Theorem eleqvrelsrel

Description: For sets, being an element of the class of equivalence relations is equivalent to satisfying the equivalence relation predicate. (Contributed by Peter Mazsa, 24-Aug-2021)

Ref Expression
Assertion eleqvrelsrel
|- ( R e. V -> ( R e. EqvRels <-> EqvRel R ) )

Proof

Step Hyp Ref Expression
1 elrelsrel
 |-  ( R e. V -> ( R e. Rels <-> Rel R ) )
2 1 anbi2d
 |-  ( R e.
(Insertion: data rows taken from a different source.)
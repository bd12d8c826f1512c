-- ===== src/Crc/Linear.antt =====
-- The rounds of the SBF checksum table are linear for exclusive or.
use Prim.Native.Nat.{bit_xor}
use neo_gnss_observatory.Base.{ℕ, zero, suc, ◌+◌, ◌*◌, ◌/◌, ◌%◌, ◌^◌, ◌<◌, ◌≡◌, refl, ◌∙◌, ap, ap₂}
use neo_gnss_observatory.Base.{◌⊎◌, ◌==◌, if◌then◌else◌, arith}
use neo_gnss_observatory.Base.Xor.{xor_step, xor_parts, xor_mul, xor_exchange}
use neo_gnss_observatory.Crc.{sbf_round, sbf_rounds}

abbrev pub feedback : ℕ → ℕ
feedback t = if t == 1 then 0x1021 else 0

pub feedback_table :
    (x y : ℕ)
    → (x ≡ 0) ⊎ (x ≡ 1)
    → (y ≡ 0) ⊎ (y ≡ 1)
    → feedback ((x + y) % 2) ≡ bit_xor (feedback x) (feedback y)
feedback_table x y p q = ground arith

feedback-xor :
    (c d : ℕ)
    → feedback (bit_xor c d / 0x8000 % 2)
      ≡ bit_xor (feedback (c / 0x8000 % 2)) (feedback (d / 0x8000 % 2))
feedback-xor c d =
    let e : bit_xor c d / 0x8000 % 2 ≡ (c / 0x8000 % 2 + d / 0x8000 % 2) % 2 =
      omega (arith, (xor_parts 15 c d).0, xor_step (c / 0x8000) (d / 0x8000)) in
    rw e (feedback_table (c / 0x8000 % 2) (d / 0x8000 % 2) (omega arith) (omega arith))

pub sbf_round-xor : (c d : ℕ) → sbf_round (bit_xor c d) ≡ bit_xor (sbf_round c) (sbf_round d)
unfolding sbf_round
sbf_round-xor c d =
    let twice : bit_xor c d * 2 ≡ bit_xor (c * 2) (d * 2) = omega (arith, xor_mul 1 c d) in
    ap (λ t. t % 2 ^ 16) (ap₂ bit_xor twice (feedback-xor c d) ∙ xor_exchange (c * 2) (d * 2) _ _)
    ∙ (xor_parts 16 _ _).1

pub sbf_rounds-xor :
    (n c d : ℕ) → sbf_rounds n (bit_xor c d) ≡ bit_xor (sbf_rounds n c) (sbf_rounds n d)
unfolding sbf_rounds
sbf_rounds-xor zero c d = refl
sbf_rounds-xor (suc n) c d = rw (sbf_round-xor c d) (sbf_rounds-xor n (sbf_round c) (sbf_round d))

sbf_round-lt : (c : ℕ) → sbf_round c < 2 ^ 16
unfolding sbf_round
sbf_round-lt c = omega arith

pub sbf_rounds-lt : (n c : ℕ) → c < 2 ^ 16 → sbf_rounds n c < 2 ^ 16
unfolding sbf_rounds
sbf_rounds-lt zero c h = h
sbf_rounds-lt (suc n) c h = sbf_rounds-lt n (sbf_round c) (sbf_round-lt c)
V -> ( ( ( ( _I |` dom R ) C_ R /\ `' R C_ R /\ ( R o. R ) C_ R ) /\ R e. Rels ) <-> ( ( ( _I |` dom R ) C_ R /\ `' R C_ R /\ ( R o. R ) C_ R ) /\ Rel R ) ) )
3 eleqvrels2
 |-  ( R e. EqvRels <-> ( ( ( _I |` dom R ) C_ R /\ `' R C_ R /\ ( R o. R ) C_ R ) /\ R e. Rels ) )
4 dfeqvrel2
 |-  ( EqvRel R <-> ( ( ( _I |` dom R ) C_ R /\ `' R C_ R /\ ( R o. R ) C_ R ) /\ Rel R ) )
5 2 3 4 3bitr4g
 |-  ( R e. V -> ( R e. EqvRels <-> EqvRel R ) )